*** Opening Data to examine ***

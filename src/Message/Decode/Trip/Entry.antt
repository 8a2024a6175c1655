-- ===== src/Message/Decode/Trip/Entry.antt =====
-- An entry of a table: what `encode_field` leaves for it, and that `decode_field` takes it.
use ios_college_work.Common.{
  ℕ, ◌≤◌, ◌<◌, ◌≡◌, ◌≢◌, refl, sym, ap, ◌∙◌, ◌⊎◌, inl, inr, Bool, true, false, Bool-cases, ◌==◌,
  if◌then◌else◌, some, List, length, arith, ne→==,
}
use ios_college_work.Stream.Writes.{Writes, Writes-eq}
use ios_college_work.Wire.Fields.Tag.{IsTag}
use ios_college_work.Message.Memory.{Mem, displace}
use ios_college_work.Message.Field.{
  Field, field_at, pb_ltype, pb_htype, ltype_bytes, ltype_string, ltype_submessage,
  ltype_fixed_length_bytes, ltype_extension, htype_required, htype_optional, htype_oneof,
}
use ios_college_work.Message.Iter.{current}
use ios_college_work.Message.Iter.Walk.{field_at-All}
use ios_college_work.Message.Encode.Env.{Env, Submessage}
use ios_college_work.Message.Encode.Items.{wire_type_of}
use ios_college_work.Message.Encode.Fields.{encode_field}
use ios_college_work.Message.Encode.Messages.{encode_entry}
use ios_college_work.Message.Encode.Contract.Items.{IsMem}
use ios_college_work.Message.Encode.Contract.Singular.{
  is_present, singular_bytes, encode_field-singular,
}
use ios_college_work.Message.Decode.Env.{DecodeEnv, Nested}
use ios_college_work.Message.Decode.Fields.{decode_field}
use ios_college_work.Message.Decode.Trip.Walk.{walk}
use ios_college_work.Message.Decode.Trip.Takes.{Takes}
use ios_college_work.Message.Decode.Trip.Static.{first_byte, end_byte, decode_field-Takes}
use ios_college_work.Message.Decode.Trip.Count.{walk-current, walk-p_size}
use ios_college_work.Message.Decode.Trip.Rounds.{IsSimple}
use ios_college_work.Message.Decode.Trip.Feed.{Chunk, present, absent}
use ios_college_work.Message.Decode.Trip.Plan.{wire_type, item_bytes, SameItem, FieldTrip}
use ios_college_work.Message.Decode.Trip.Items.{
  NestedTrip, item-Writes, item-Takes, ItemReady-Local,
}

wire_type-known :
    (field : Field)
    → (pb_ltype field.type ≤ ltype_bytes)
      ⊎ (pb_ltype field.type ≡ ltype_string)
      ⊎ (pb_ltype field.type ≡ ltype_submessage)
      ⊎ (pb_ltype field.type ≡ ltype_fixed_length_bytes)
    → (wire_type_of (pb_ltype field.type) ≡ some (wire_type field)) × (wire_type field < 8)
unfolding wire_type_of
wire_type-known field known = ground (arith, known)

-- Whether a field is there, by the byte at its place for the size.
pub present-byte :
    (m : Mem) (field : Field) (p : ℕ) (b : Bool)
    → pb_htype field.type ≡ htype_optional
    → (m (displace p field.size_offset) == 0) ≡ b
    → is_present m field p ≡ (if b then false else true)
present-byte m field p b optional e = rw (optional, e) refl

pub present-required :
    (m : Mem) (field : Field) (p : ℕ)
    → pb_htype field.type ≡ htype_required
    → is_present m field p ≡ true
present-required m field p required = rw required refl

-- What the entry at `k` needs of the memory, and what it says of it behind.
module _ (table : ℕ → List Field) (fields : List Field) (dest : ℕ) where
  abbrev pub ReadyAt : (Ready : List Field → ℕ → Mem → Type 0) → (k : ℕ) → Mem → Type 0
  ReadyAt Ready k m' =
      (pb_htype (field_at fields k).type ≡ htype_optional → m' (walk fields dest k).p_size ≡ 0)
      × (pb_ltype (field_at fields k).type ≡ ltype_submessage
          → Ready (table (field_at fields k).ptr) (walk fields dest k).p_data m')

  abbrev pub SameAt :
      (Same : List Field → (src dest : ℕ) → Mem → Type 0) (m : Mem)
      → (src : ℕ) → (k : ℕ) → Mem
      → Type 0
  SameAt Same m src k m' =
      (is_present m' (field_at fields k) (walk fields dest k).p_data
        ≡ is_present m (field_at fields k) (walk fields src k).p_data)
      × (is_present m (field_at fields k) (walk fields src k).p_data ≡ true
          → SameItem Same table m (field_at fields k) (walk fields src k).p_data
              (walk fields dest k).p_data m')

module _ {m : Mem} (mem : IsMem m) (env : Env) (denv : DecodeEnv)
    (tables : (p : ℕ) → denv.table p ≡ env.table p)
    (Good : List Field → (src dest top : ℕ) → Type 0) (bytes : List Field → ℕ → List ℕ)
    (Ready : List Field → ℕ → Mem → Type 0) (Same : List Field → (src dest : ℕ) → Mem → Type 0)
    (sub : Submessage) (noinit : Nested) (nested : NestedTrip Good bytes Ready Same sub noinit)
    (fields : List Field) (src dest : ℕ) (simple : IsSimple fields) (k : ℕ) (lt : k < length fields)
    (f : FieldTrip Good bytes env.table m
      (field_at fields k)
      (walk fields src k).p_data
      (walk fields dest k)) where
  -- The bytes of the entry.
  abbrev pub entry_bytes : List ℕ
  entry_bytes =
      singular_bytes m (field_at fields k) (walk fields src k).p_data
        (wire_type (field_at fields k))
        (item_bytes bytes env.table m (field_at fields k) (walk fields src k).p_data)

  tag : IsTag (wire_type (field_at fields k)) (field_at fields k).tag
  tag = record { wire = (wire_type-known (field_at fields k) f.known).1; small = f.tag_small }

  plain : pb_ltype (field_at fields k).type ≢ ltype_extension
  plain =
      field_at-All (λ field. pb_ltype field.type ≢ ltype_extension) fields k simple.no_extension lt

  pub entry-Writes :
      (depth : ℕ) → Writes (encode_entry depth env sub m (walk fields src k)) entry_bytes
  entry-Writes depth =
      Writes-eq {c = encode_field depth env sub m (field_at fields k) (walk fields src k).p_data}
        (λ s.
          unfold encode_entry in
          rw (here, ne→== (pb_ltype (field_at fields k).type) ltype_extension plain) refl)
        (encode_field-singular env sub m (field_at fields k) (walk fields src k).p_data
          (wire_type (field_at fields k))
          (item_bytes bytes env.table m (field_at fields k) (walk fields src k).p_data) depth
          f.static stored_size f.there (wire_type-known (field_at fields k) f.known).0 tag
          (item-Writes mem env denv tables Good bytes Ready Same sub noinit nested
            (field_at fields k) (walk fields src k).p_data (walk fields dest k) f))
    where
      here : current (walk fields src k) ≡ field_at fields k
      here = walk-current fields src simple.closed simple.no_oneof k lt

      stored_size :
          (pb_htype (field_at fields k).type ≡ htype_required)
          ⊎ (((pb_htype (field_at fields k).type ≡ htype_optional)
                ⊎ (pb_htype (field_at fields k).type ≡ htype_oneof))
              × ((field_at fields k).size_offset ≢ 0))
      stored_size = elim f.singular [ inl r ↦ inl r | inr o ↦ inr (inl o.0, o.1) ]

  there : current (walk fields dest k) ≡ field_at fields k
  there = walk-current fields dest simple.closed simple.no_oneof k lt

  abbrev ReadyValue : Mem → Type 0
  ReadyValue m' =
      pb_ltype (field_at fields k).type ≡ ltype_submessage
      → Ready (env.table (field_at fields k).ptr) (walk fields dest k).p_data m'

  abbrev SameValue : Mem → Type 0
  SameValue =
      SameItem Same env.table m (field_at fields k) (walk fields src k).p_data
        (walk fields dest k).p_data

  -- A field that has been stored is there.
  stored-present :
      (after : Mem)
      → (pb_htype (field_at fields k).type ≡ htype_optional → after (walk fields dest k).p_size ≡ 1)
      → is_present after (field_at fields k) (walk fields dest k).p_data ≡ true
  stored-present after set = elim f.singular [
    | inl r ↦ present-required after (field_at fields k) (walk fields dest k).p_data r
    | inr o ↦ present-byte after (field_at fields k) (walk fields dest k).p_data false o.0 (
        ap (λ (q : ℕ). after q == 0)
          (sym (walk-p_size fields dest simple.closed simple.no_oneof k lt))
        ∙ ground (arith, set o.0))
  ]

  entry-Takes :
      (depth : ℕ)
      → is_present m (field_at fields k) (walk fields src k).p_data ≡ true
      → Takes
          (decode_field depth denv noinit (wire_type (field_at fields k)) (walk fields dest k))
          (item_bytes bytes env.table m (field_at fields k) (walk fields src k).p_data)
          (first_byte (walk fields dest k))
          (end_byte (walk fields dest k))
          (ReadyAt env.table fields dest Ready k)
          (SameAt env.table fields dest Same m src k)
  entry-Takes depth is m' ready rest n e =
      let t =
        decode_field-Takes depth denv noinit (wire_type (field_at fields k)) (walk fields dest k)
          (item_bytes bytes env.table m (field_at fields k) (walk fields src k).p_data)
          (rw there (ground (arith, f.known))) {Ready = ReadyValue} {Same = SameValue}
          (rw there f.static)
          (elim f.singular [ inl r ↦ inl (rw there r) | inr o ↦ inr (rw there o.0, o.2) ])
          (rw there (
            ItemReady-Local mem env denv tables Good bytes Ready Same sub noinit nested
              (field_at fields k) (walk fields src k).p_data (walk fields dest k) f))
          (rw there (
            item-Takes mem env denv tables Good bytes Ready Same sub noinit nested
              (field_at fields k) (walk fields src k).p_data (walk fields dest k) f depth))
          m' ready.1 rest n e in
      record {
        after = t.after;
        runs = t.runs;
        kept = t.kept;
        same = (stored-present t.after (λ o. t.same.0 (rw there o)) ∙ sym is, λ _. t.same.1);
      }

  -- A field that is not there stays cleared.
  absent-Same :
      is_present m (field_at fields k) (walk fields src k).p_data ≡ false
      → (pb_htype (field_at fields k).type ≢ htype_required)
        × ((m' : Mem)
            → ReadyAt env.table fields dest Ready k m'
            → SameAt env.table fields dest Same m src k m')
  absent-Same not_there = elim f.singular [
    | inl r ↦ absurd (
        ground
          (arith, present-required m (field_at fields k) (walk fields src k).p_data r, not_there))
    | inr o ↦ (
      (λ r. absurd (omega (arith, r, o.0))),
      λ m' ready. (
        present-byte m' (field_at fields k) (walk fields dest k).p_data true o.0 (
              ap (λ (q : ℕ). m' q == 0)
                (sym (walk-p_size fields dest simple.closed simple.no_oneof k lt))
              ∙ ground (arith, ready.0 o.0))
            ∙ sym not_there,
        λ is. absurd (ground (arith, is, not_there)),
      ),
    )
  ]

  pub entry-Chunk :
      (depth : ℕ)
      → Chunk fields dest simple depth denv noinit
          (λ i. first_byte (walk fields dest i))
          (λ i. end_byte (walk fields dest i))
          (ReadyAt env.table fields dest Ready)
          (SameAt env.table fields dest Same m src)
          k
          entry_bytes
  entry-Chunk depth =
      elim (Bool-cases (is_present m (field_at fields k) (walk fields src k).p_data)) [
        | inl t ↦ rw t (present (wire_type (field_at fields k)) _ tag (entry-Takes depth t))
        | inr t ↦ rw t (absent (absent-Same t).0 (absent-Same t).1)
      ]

*** Closing Data to examine ***

* [What you need to do] Work out, please, how many lines above contain "Writes"; answer only with the number.

* [Solved problem] 7